I will ask her to see what she thinks!

The Seresto collars...
I was hesitating because Rumo has an incredibly thick neck ruff (more husky-thickness than GSD thickness - he actually has layers of fur that hang from his neck) so I was wondering if enough of the chemical would penetrate to be effective...


----------



## ausdland (Oct 21, 2015)

Thanks Moms, I was reluctant to give Nexguard per my 'holistic' vet but did for a few months. Fortunately wondercide has been working.

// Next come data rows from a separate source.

-- ===== src/Property/Parsed.antt =====
-- What `property__read` and `property__read_all` accept: the properties that they return, in the
-- format of each, and as many bytes as the property length says.
use dimq.Prelude.{
  sym, length-append, append_assoc, ap, ◌∙◌, refl, arith, subst, ◌++◌, ◌<◌, ℕ, ◌^◌, ◌≡◌, false,
  List, length,
}
use dimq.Packet.Safe.{
  parse_uint32-ok, parse_uint16-ok, parse_binary-ok, parse_string-ok, parse_byte-ok, chain-ok,
}
use dimq.Property.Kinds.{
  unsupported, four_bytes, variable, two_bytes, text_pair, binary, text, byte, Property, Kind,
}
use dimq.Packet.RoundTrip.{length-format_binary}
use dimq.Packet.Laws.{parse_varint_canonical}
use dimq.Packet.Format.{
  parse_uint32, parse_varint, parse_uint16, parse_binary, format_uint32, format_uint16,
  format_binary, parse_string, parse_byte,
}
use dimq.Utf8.Sound.{AllBytes-append, AllBytes}
use dimq.Word.{IsByte}
use dimq.Property.{minus32}
use dimq.Property.Parse.{parse_value}
use dimq.Property.Format.{format_value, Fits}
use dimq.Packet.{Heap}
use dimq.Result.{Result, ok, err, fault}

-- What one run of a parser of a value gives.
pub record Took (k : Kind) (n len : ℕ) (bs : List ℕ) (len' : ℕ) (prop : Property) (rest : List ℕ)
    : Type 0 where
  pub same_identifier : prop.identifier ≡ n
  pub fits : Fits k prop.value prop.name
  pub split : bs ≡ format_value k prop.value prop.name ++ rest
  pub counted : len' ≡ minus32 len (length (format_value k prop.value prop.name))
  pub from_wire : prop.client_generated ≡ false

abbrev TookOf : Kind → ℕ → ℕ → List ℕ → Result ((ℕ × Property) × List ℕ × Heap) → Type 0
TookOf k n len bs (ok ((len', prop), rest, g)) = Took k n len bs len' prop rest
TookOf k n len bs (err e) = ⊥
TookOf k n len bs fault = ⊥

module _ (n len : ℕ) (bs : List ℕ) (h : Heap) (len' : ℕ) (prop : Property) (rest : List ℕ)
    (g : Heap) (small : len < 2 ^ 32) (b : AllBytes bs) where
  take_byte :
      parse_value byte n len bs h ≡ ok ((len', prop), rest, g) → Took byte n len bs len' prop rest
  unfolding parse_value format_value
  take_byte e =
      let ((v, r, k), p, q) = chain-ok parse_byte _ bs h ((len', prop), rest, g) e in
      let split = parse_byte-ok bs h v r k p in
      let first : IsByte v = (subst AllBytes split b).0 in
      subst (TookOf byte n len bs) q (record {
        same_identifier = refl;
        fits = first;
        split = split;
        counted = refl;
        from_wire = refl;
      })

  take_two_bytes :
      parse_value two_bytes n len bs h ≡ ok ((len', prop), rest, g)
      → Took two_bytes n len bs len' prop rest
  unfolding parse_value format_value format_uint16
  take_two_bytes e =
      let ((v, r, k), p, q) = chain-ok parse_uint16 _ bs h ((len', prop), rest, g) e in
      let (small, split) = parse_uint16-ok bs h v r k b p in
      subst (TookOf two_bytes n len bs) q (record {
        same_identifier = refl;
        fits = small;
        split = split;
        counted = refl;
        from_wire = refl;
      })

  take_four_bytes :
      parse_value four_bytes n len bs h ≡ ok ((len', prop), rest, g)
      → Took four_bytes n len bs len' prop rest
  unfolding parse_value format_value format_uint32
  take_four_bytes e =
      let ((v, r, k), p, q) = chain-ok parse_uint32 _ bs h ((len', prop), rest, g) e in
      let (small, split) = parse_uint32-ok bs h v r k b p in
      subst (TookOf four_bytes n len bs) q (record {
        same_identifier = refl;
        fits = small;
        split = split;
        counted = refl;
        from_wire = refl;
      })

  take_variable :
      parse_value variable n len bs h ≡ ok ((len', prop), rest, g)
      → Took variable n len bs len' prop rest
  unfolding parse_value format_value
  take_variable e =
      let (((v, count), r, k), p, q) = chain-ok parse_varint _ bs h ((len', prop), rest, g) e in
      let (small, split, size, _) = parse_varint_canonical h k v count r bs b p in
      subst (TookOf variable n len bs) q (record {
        same_identifier = refl;
        fits = small;
        split = split;
        counted = ap (minus32 len) size;
        from_wire = refl;
      })

  minus32_field :
      (s : List ℕ)
      → length s < 2 ^ 16
      → minus32 (minus32 len 2) (length s) ≡ minus32 len (length (format_binary s))
  minus32_field s l = omega (arith, length-format_binary s)

  take_text :
      parse_value text n len bs h ≡ ok ((len', prop), rest, g) → Took text n len bs len' prop rest
  unfolding parse_value format_value
  take_text e =
      let ((v, r, k), p, q) = chain-ok parse_string _ bs h ((len', prop), rest, g) e in
      let (enc, l, split) = (parse_string-ok bs h b).1 v r k p in
      subst (TookOf text n len bs) q (record {
        same_identifier = refl;
        fits = (l, enc);
        split = split;
        counted = minus32_field v l;
        from_wire = refl;
      })

  take_binary :
      parse_value binary n len bs h ≡ ok ((len', prop), rest, g)
      → Took binary n len bs len' prop rest
  unfolding parse_value format_value
  take_binary e =
      let ((v, r, k), p, q) = chain-ok parse_binary _ bs h ((len', prop), rest, g) e in
      let (l, split) = parse_binary-ok bs h v r k b p in
      subst (TookOf binary n len bs) q (record {
        same_identifier = refl;
        fits = l;
        split = split;
        counted = minus32_field v l;
        from_wire = refl;
      })

  take_text_pair :
      parse_value text_pair n len bs h ≡ ok ((len', prop), rest, g)
      → Took text_pair n len bs len' prop rest
  unfolding parse_value format_value
  take_text_pair e =
      let ((s1, r1, k1), p1, q1) = chain-ok parse_string _ bs h ((len', prop), rest, g) e in
      let (enc1, l1, split1) = (parse_string-ok bs h b).1 s1 r1 k1 p1 in
      let b1 = AllBytes-append (format_binary s1) r1 (subst AllBytes split1 b) in
      let ((s2, r2, k2), p2, q2) = chain-ok parse_string _ r1 k1 ((len', prop), rest, g) q1 in
      let (enc2, l2, split2) = (parse_string-ok r1 k1 b1).1 s2 r2 k2 p2 in
      subst (TookOf text_pair n len bs) q2 (record {
        same_identifier = refl;
        fits = (l2, enc2, l1, enc1);
        split =
            split1
            ∙ ap (λ u. format_binary s1 ++ u) split2
            ∙ sym (append_assoc (format_binary s1) (format_binary s2) r2);
        counted = omega (
          arith,
          length-append (format_binary s1) (format_binary s2),
          length-format_binary s1,
          length-format_binary s2,
        );
        from_wire = refl;
      })

  pub parse_value-Took :
      (k : Kind)
      → parse_value k n len bs h ≡ ok ((len', prop), rest, g)
      → Took k n len bs len' prop rest
  parse_value-Took byte = take_byte
  parse_value-Took two_bytes = take_two_bytes
  parse_value-Took four_bytes = take_four_bytes
  parse_value-Took variable = take_variable
  parse_value-Took text = take_text
  parse_value-Took binary = take_binary
  parse_value-Took text_pair = take_text_pair
  parse_value-Took unsupported = λ e. unfold parse_value in cc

I like the Seresto collars but they make my pup itch her neck.


----------



## Stevenzachsmom (Mar 3, 2008)

My vet office tried to sell me Simparica. I declined. Not a fan of ingestables. Frontline works fine for my two.


----------



## Magwart (Jul 8, 2012)

This part of the warning is pretty important:


"The FDA carefully reviewed studies and other data on Bravecto, Credelio, Nexgard and Simparica prior to approval, and these products continue to be safe and effective for the majority of animals. The agency is asking the manufacturers to make the changes to the product labeling in order  to provide veterinarians and pet owners with the information they need to make treatment decisions for each pet on an individual basis. Veterinarians should use their specialized training to review their patients’ medical histories and determine, in consultation with pet owners, whether a product in the isoxazoline class is appropriate for the pet."


----------



## McGloomy (Mar 13, 2018)

Oh dear. My boy been with Bravecto for 2 months now, got it from the vet. About to have some more next month... I should talk to the vet...


----------



## gsdsar (May 21, 2002)

All of these products tell you not to use on animals with a history of seizures. It's well known, at least to vets and staff, at least it should be. 

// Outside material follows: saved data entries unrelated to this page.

-- ===== src/Property/Lists.antt =====
-- What `property__read` and the loop of `property__read_all` accept.
use dimq.Prelude.{
  refl, inr, append_assoc, length-append, inl, ap, Bool-cases, ◌∙◌, sym, arith, subst, ◌++◌, ◌<◌, ℕ,
  zero, suc, ◌^◌, ◌≡◌, ◌==◌, true, false, List, [], ◌∷◌, length,
}
use dimq.Property.Parse.{parse_properties, parse_property}
use dimq.Property.Format.{
  length-format_property, format_properties, format_value, AllFit, format_property, Fits,
}
use dimq.Packet.Basic.{parse_malloc}
use dimq.Utf8.Sound.{AllBytes-append, AllBytes}
use dimq.Packet.Laws.{parse_varint_canonical}
use dimq.Packet.Format.{parse_varint, format_varint}
use dimq.Packet.Safe.{chain-ok}
use dimq.Property.{minus32}
use dimq.Property.Kinds.{read_kind, Property}
use dimq.Result.{Result, ok, err, fault}
use dimq.Packet.{Heap}
use dimq.Property.Parsed.{Took, parse_value-Took}

-- One property, with its identifier.
pub record Property1 (len : ℕ) (bs : List ℕ) (len' : ℕ) (prop : Property) (rest : List ℕ)
    : Type 0 where
  pub fits : Fits (read_kind prop.identifier) prop.value prop.name
  pub split : bs ≡ format_property prop ++ rest
  pub counted : len' ≡ minus32 len (length (format_property prop))
  pub from_wire : prop.client_generated ≡ false

finish_property :
    (len : ℕ) (bs r : List ℕ) (len' : ℕ) (prop : Property) (rest : List ℕ)
    → len < 2 ^ 32
    → length bs < 2 ^ 31
    → bs ≡ format_varint prop.identifier ++ r
    → Took (read_kind prop.identifier) prop.identifier (minus32 len 1) r len' prop rest
    → Property1 len bs len' prop rest
finish_property len bs r len' prop rest small short split took =
    let value = format_value (read_kind prop.identifier) prop.value prop.name in
    let size = length-format_property prop took.fits in
    let whole = ap length split ∙ length-append (format_varint prop.identifier) r in
    let part = ap length took.split ∙ length-append value rest in
    record {
      fits = took.fits;
      split =
          split
          ∙ ap (λ u. format_varint prop.identifier ++ u) took.split
          ∙ unfold format_property in sym (append_assoc (format_varint prop.identifier) value rest);
      counted = omega (arith, took.counted, size, whole, part);
      from_wire = took.from_wire;
    }

pub parse_property-ok :
    (len : ℕ) (bs : List ℕ) (h : Heap) (len' : ℕ) (prop : Property) (rest : List ℕ) (g : Heap)
    → len < 2 ^ 32
    → length bs < 2 ^ 31
    → AllBytes bs
    → parse_property len bs h ≡ ok ((len', prop), rest, g)
    → Property1 len bs len' prop rest
unfolding parse_property
parse_property-ok len bs h len' prop rest g small short b e =
    let (((n, count), r, k), p, q) = chain-ok parse_varint _ bs h ((len', prop), rest, g) e in
    let (_, split, _, _) = parse_varint_canonical h k n count r bs b p in
    let b' = AllBytes-append (format_varint n) r (subst AllBytes split b) in
    let took =
      parse_value-Took n (minus32 len 1) r k len' prop rest g (omega arith) b' (read_kind n) q in
    let same = sym took.same_identifier in
    finish_property len bs r len' prop rest small short
      (split ∙ ap (λ m. format_varint m ++ r) same)
      (subst (λ m. Took (read_kind m) m (minus32 len 1) r len' prop rest) same took)

abbrev pub FromWire : List Property → Type 0
FromWire [] = Unit
FromWire (p ∷ ps) = (p.client_generated ≡ false) × FromWire ps

-- What the loop gives.
pub record Properties (len : ℕ) (bs : List ℕ) (props : List Property) (rest : List ℕ) : Type 0 where
  pub fit : AllFit props
  pub taken : bs ≡ format_properties props ++ rest
  pub measured : len ≡ length (format_properties props)
  pub received : FromWire props

pub parse_malloc-ok :
    (bs : List ℕ) (h : Heap) (u : Unit {0}) (r : List ℕ) (g : Heap)
    → parse_malloc bs h ≡ ok (u, r, g)
    → bs ≡ r
parse_malloc-ok bs h u r g e = ground arith

abbrev PropertiesOf : ℕ → List ℕ → Result (List Property × List ℕ × Heap) → Type 0
PropertiesOf len bs (ok (props, rest, g)) = Properties len bs props rest
PropertiesOf len bs (err e) = ⊥
PropertiesOf len bs fault = ⊥

Properties-nil : (len : ℕ) (bs : List ℕ) → (len == 0) ≡ true → Properties len bs [] bs
Properties-nil len bs t = record {
  fit = tt;
  taken = unfold format_properties in refl;
  measured = unfold format_properties in ground arith;
  received = tt;
}

Properties-cons :
    (len len' : ℕ) (bs r : List ℕ) (prop : Property) (props : List Property) (rest : List ℕ)
    → len < 2 ^ 32
    → length bs < 2 ^ 31
    → Property1 len bs len' prop r
    → Properties len' r props rest
    → Properties len bs (prop ∷ props) rest
unfolding format_properties
Properties-cons len len' bs r prop props rest small short one more =
    let first = format_property prop in
    let others = format_properties props in
    let whole = ap length one.split ∙ length-append first r in
    let tail = ap length more.taken ∙ length-append others rest in
    record {
      fit = (one.fits, more.fit);
      taken = one.split ∙ ap (λ u. first ++ u) more.taken ∙ sym (append_assoc first others rest);
      measured = omega (
        arith,
        one.counted,
        more.measured,
        whole,
        tail,
        length-append first others,
        length-format_property prop one.fits,
      );
      received = (one.from_wire, more.received);
    }

pub parse_properties-ok :
    (fuel len : ℕ) (bs : List ℕ) (h : Heap) (props : List Property) (rest : List ℕ) (g : Heap)
    → len < 2 ^ 32
    → length bs < 2 ^ 31
    → AllBytes bs
    → parse_properties fuel len bs h ≡ ok (props, rest, g)
    → Properties len bs props rest
unfolding parse_properties
parse_properties-ok zero len bs h props rest g small short b e = cc
parse_properties-ok (suc fuel) len bs h props rest g small short b e =
    elim (Bool-cases (len == 0)) [
      | inl t ↦ subst (PropertiesOf len bs) (rw t at e) (Properties-nil len bs t)
      | inr t ↦
          let ((_, r0, k0), p0, q0) = chain-ok parse_malloc _ bs h (props, rest, g) (rw t at e) in
          let same = parse_malloc-ok bs h tt r0 k0 p0 in
          let b0 = subst AllBytes same b in
          let short0 = subst (λ u. length u < 2 ^ 31) same short in
          let (((len', prop), r1, k1), p1, q1) =
            chain-ok (parse_property len) _ r0 k0 (props, rest, g) q0 in
          let one = parse_property-ok len r0 k0 len' prop r1 k1 small short0 b0 p1 in
          let b1 = AllBytes-append (format_property prop) r1 (subst AllBytes one.split b0) in
          let ((ps, r2, k2), p2, q2) =
            chain-ok (parse_properties fuel len') _ r1 k1 (props, rest, g) q1 in
          let short1 : length r1 < 2 ^ 31 =
            omega (arith, short0, ap length one.split ∙ length-append (format_property prop) r1) in
          let more =
            parse_properties-ok fuel len' r1 k1 ps r2 k2 (omega (arith, one.counted)) short1 b1
              p2 in
          subst (PropertiesOf len bs) q2 (
            Properties-cons len len' bs r1 prop ps r2 small short
              (subst (λ u. Property1 len u len' prop r1) (sym same) one) more)
    ]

That said, I have used Nexguard and Bravecto on my seizure having lab and have no issues.


----------



## Magwart (Jul 8, 2012)

gsdsar said:


> That said, I have used Nexguard and Bravecto on my seizure having lab and have no issues.



We've used a lot of Nexguard in our rescue too -- and we're dealing with dogs without any known vet history, often in terrible shape. We tend to have more than our share of crazy side-effects on a huge range of drugs pop up simply because of the population we're vetting, and the lack of a history. 

When dogs show up covered with ticks, it's so important for us to use something effective that will get all of them, even hard-to-find tiny ones in little nooks and crannies that even careful exams can miss. Nexguard has been really helpful for those dogs. It's also been wonderful for off-label use treating _bad _demodex in HW+ dogs (where high-dose ivermectin isn't possible).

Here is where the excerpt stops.